Step 2: Implement the Worker Code
Here's the core worker code that tracks bot crawls:
// botcrawl.js
const BOT_CATEGORIES = {
llm: ['gptbot', 'claudebot'],
search: ['googlebot', 'bingbot', 'yandexbot'],
other: ['ccBot', 'amazonbot', 'bytespider', 'googleExtended']
};
async function handleRequest(request) {
const url = new URL(request.url);
const userAgent = request.headers.get('user-agent') || '';
const bot = identifyBot(userAgent);
if (bot) {
await trackBotCrawl(bot);
}
return new Response('OK', { status: 200 });
}
function identifyBot(userAgent) {
const ua = userAgent.toLowerCase();
for (const [bot, patterns] of Object.entries(BOT_PATTERNS)) {
if (patterns.some(pattern => ua.includes(pattern))) {
return bot;
}
}
return null;
}
async function trackBotCrawl(bot) {
const now = new Date();
const hour = now.getUTCHours().toString();
const date = now.toISOString().split('T')[0];
// Update hourly stats
const hourlyKey = `hourly:${date}:${hour}`;
let hourlyData = await BOT_CRAWLS.get(hourlyKey, { type: 'json' }) || {};
hourlyData[bot] = (hourlyData[bot] || 0) + 1;
await BOT_CRAWLS.put(hourlyKey, JSON.stringify(hourlyData));
// Update daily stats
const dailyKey = `daily:${date}`;
let dailyData = await BOT_CRAWLS.get(dailyKey, { type: 'json' }) || {};
dailyData[bot] = (dailyData[bot] || 0) + 1;
await BOT_CRAWLS.put(dailyKey, JSON.stringify(dailyData));
}
addEventListener('fetch', event => {
event.respondWith(handleRequest(event.request));
});
Step 3: Create the Dashboard
The dashboard provides a beautiful interface to view bot crawl data. Here's the key HTML structure:
<div class="container">
<!-- Stats Overview -->
<div class="row">
<div class="col-md-4">
<div class="stat-card">
<div class="stat-value" id="totalCrawls">0</div>
<div class="stat-label">Total Crawls Today</div>
</div>
</div>
<!-- More stat cards... -->
</div>
<!-- Charts -->
<div class="row">
<div class="col-md-8">
<canvas id="crawlsChart"></canvas>
</div>
<div class="col-md-4">
<canvas id="distributionChart"></canvas>
</div>
</div>
</div>
Step 4: Add Real-time Updates
The dashboard updates automatically every 5 minutes:
// Update dashboard every 5 minutes
setInterval(initializeDashboard, 5 * 60 * 1000);
async function initializeDashboard() {
const data = await fetchBotData();
updateStats(data);
updateCharts(data);
updateBotList(data);
}
Understanding the Data
The dashboard shows several key metrics:
- Total Crawls: All bot visits in the last 24 hours
- Unique Bots: Different types of bots detected
- LLM Bots: AI model crawlers (GPT, Claude, etc.)

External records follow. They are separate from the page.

-- ===== src/DataOps/Compression.antt =====
-- Src/IACore/imp/cpp/DataOps.cpp: the functions that compress and decompress. zlib and zstd are the
-- parameters `Zlib` and `Zstd`; the output buffer is its size and the bytes that are written to it.
-- The law is in Compression/Inflate.
pub mod Inflate
mod Tests
use iacore.Base.{
  ℕ, zero, suc, ◌+◌, ◌-◌, ◌*◌, ◌%◌, ◌^◌, Bool, true, false, not, Option, none, some, [], ◌∷◌, ◌++◌,
  Bytes, length, take, replicate, ltb, ◌==◌, if◌then◌else◌, Result, ok, err,
}

pub data ZipError : Type 0 where
  init_failed inflate_failed deflate_failed invalid_frame zstd_failed : ZipError

-- What `inflate` returns: `Z_OK`, `Z_STREAM_END`, or another code.
pub data ZlibCode : Type 0 where
  z_ok z_stream_end z_other : ZlibCode

pub record Inflated (Stream : Type 0) : Type 0 where
  pub code : ZlibCode
  pub out : Bytes
  pub stream : Stream

-- `inflateInit2` with the input (`avail_in` is a `u32`), `inflate` with so much room, and one
-- `deflate` of the whole input with so much room.
pub record Zlib : Type 1 where
  pub Stream : Type 0
  pub inflate_init : Bytes → (avail_in : ℕ) → Option Stream
  pub inflate : Stream → (avail_out : ℕ) → Inflated Stream
  pub deflate_init : (gzip : Bool) → Bool
  pub deflate_bound : (gzip : Bool) → ℕ → ℕ
  pub deflate : (gzip : Bool) → Bytes → (avail_out : ℕ) → ZlibCode × Bytes

abbrev pub uint_mod : ℕ
uint_mod = 2 ^ 32

module _ (z : Zlib) where
  -- The loop of `zlib_inflate`; `written` is what is in the buffer of `size` bytes, so its length is
  -- `total_out`. `none` if it is not over within `fuel` rounds.
  unfoldable pub inflate_loop :
      ℕ → z.Stream → (written : Bytes) → (size avail_out : ℕ) → Option (ZlibCode × Bytes)
  inflate_loop zero zs written size avail_out = none
  inflate_loop (suc fuel) zs written size avail_out =
      let new_size = if avail_out == 0 then size * 2 else size in
      let room = if avail_out == 0 then (size * 2 - length written) % uint_mod else avail_out in
      let r = z.inflate zs room in
      let later = inflate_loop fuel r.stream (written ++ r.out) new_size (room - length r.out) in
      by_code r.code (written ++ r.out) later
    where
      by_code : ZlibCode → Bytes → Option (ZlibCode × Bytes) → Option (ZlibCode × Bytes)
      by_code z_ok bytes later = later
      by_code z_stream_end bytes later = some (z_stream_end, bytes)
      by_code z_other bytes later = some (z_other, bytes)

  unfoldable pub guess_size : ℕ → ℕ
  guess_size n = if ltb n 1024 then n * 4 else n * 2

  unfoldable pub inflate_result : Option (ZlibCode × Bytes) → Option (Result ZipError Bytes)
  inflate_result none = none
  inflate_result (some (z_ok, bytes)) = some (err inflate_failed)
  inflate_result (some (z_stream_end, bytes)) = some (ok bytes)
  inflate_result (some (z_other, bytes)) = some (err inflate_failed)

  unfoldable pub inflate_stream : ℕ → Option z.Stream → ℕ → Option (Result ZipError Bytes)
  unfolding inflate_loop guess_size inflate_result
  inflate_stream fuel none n = some (err init_failed)
  inflate_stream fuel (some zs) n =
      inflate_result (inflate_loop fuel zs [] (guess_size n) (guess_size n % uint_mod))

  unfoldable pub zlib_inflate : ℕ → Bytes → Option (Result ZipError Bytes)
  unfolding inflate_stream
  zlib_inflate fuel bytes =
      inflate_stream fuel (z.inflate_init bytes (length bytes % uint_mod)) (length bytes)

  unfoldable pub gzip_inflate : ℕ → Bytes → Option (Result ZipError Bytes)
  unfolding zlib_inflate
  gzip_inflate fuel bytes = zlib_inflate fuel bytes

  pub deflated : ZlibCode × Bytes → Result ZipError Bytes
  deflated (z_ok, bytes) = err deflate_failed
  deflated (z_stream_end, bytes) = ok bytes
  deflated (z_other, bytes) = err deflate_failed

  pub zlib_deflate : Bytes → Result ZipError Bytes
  unfolding deflated
  zlib_deflate bytes =
      if not (z.deflate_init false)
      then err init_failed
      else deflated (z.deflate false bytes (z.deflate_bound false (length bytes) % uint_mod))

  pub gzip_deflate : Bytes → Result ZipError Bytes
  unfolding deflated
  gzip_deflate bytes =
      if not (z.deflate_init true)
      then err init_failed
      else deflated (z.deflate true bytes ((z.deflate_bound true (length bytes) + 1024) % uint_mod))

-- `ZSTD_getFrameContentSize`, `ZSTD_decompress` and `ZSTD_decompressStream` into so much room (`none`
-- for an error; the stream tells whether it is at its end), `ZSTD_compressBound` and `ZSTD_compress`.
pub data ContentSize : Type 0 where
  size_error size_unknown : ContentSize
  size_known : ℕ → ContentSize

pub record Zstd : Type 1 where
  pub Context : Type 0
  pub content_size : Bytes → ContentSize
  pub decompress : Bytes → (room : ℕ) → Option Bytes
  pub new_context : Bytes → Context
  pub decompress_stream : Context → (room : ℕ) → Option (Bool × (Bytes × Context))
  pub compress_bound : ℕ → ℕ
  pub compress : Bytes → (room : ℕ) → Option Bytes

module _ (z : Zstd) where
  -- The loop of `zstd_inflate`; the buffer is doubled when it is full.
  pub stream_loop : ℕ → z.Context → (written : Bytes) → (size : ℕ) → Option (Result ZipError Bytes)
  stream_loop zero c written size = none
  stream_loop (suc fuel) c written size =
      after (stream_loop fuel) (z.decompress_stream c (size - length written))
    where
      after :
          (z.Context → Bytes → ℕ → Option (Result ZipError Bytes))
          → Option (Bool × (Bytes × z.Context))
          → Option (Result ZipError Bytes)
      after go_on none = some (err zstd_failed)
      after go_on (some (true, (out, c'))) = some (ok (written ++ out))
      after go_on (some (false, (out, c'))) =
          go_on c' (written ++ out) (if length (written ++ out) == size then size * 2 else size)

  -- The vector that was resized to `size`, with the bytes that were written to it.
  pub in_buffer : ℕ → Option Bytes → Result ZipError Bytes
  in_buffer size none = err zstd_failed
  in_buffer size (some out) = ok (out ++ replicate (size - length out) 0)

  pub zstd_inflate : ℕ → Bytes → Option (Result ZipError Bytes)
  unfolding stream_loop in_buffer
  zstd_inflate fuel bytes = by_size (z.content_size bytes)
    where
      by_size : ContentSize → Option (Result ZipError Bytes)
      by_size size_error = some (err invalid_frame)
      by_size (size_known size) = some (in_buffer size (z.decompress bytes size))
      by_size size_unknown = stream_loop fuel (z.new_context bytes) [] (length bytes * 2)

  pub zstd_deflate : Bytes → Result ZipError Bytes
  zstd_deflate bytes = compressed (z.compress bytes (z.compress_bound (length bytes)))
    where
      compressed : Option Bytes → Result ZipError Bytes
      compressed none = err zstd_failed
      compressed (some out) = ok out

- Hourly Activity: Crawl patterns throughout the day
- Bot Distribution: Breakdown of bot types
Bot Categories
We track three main categories:
1. LLM Bots
- GPT Bot
- Claude Bot
- Other AI crawlers
2. Search Bots
- Google Bot
- Bing Bot
- Yandex Bot
3. Other Bots
- Amazon Bot
- CC Bot
- ByteSpider
- Google Extended
Visualizing the Data
The dashboard includes three main charts:
- Crawls Over Time: Line chart showing hourly activity
- Bot Distribution: Doughnut chart of top 10 bots
- Activity by Type: Bar chart showing LLM vs Search vs Other
Benefits of This System
- Real-time Monitoring: See bot activity as it happens
- Cost-effective: Uses Cloudflare's free tier
- Easy to Deploy: Simple setup with minimal configuration
- Scalable: Handles high traffic without issues
- Insightful: Provides valuable data for SEO and content strategy
Next Steps
To enhance your bot tracking:
- Add more bot patterns to detect
- Implement rate limiting
- Add email notifications for unusual activity
- Create custom reports
- Track bot behavior patterns
Conclusion
Tracking bot crawls is essential for understanding how AI models and search engines interact with your content. This system provides a solid foundation that you can build upon based on your specific needs.
The code is available on GitHub if you want to implement it yourself or contribute improvements.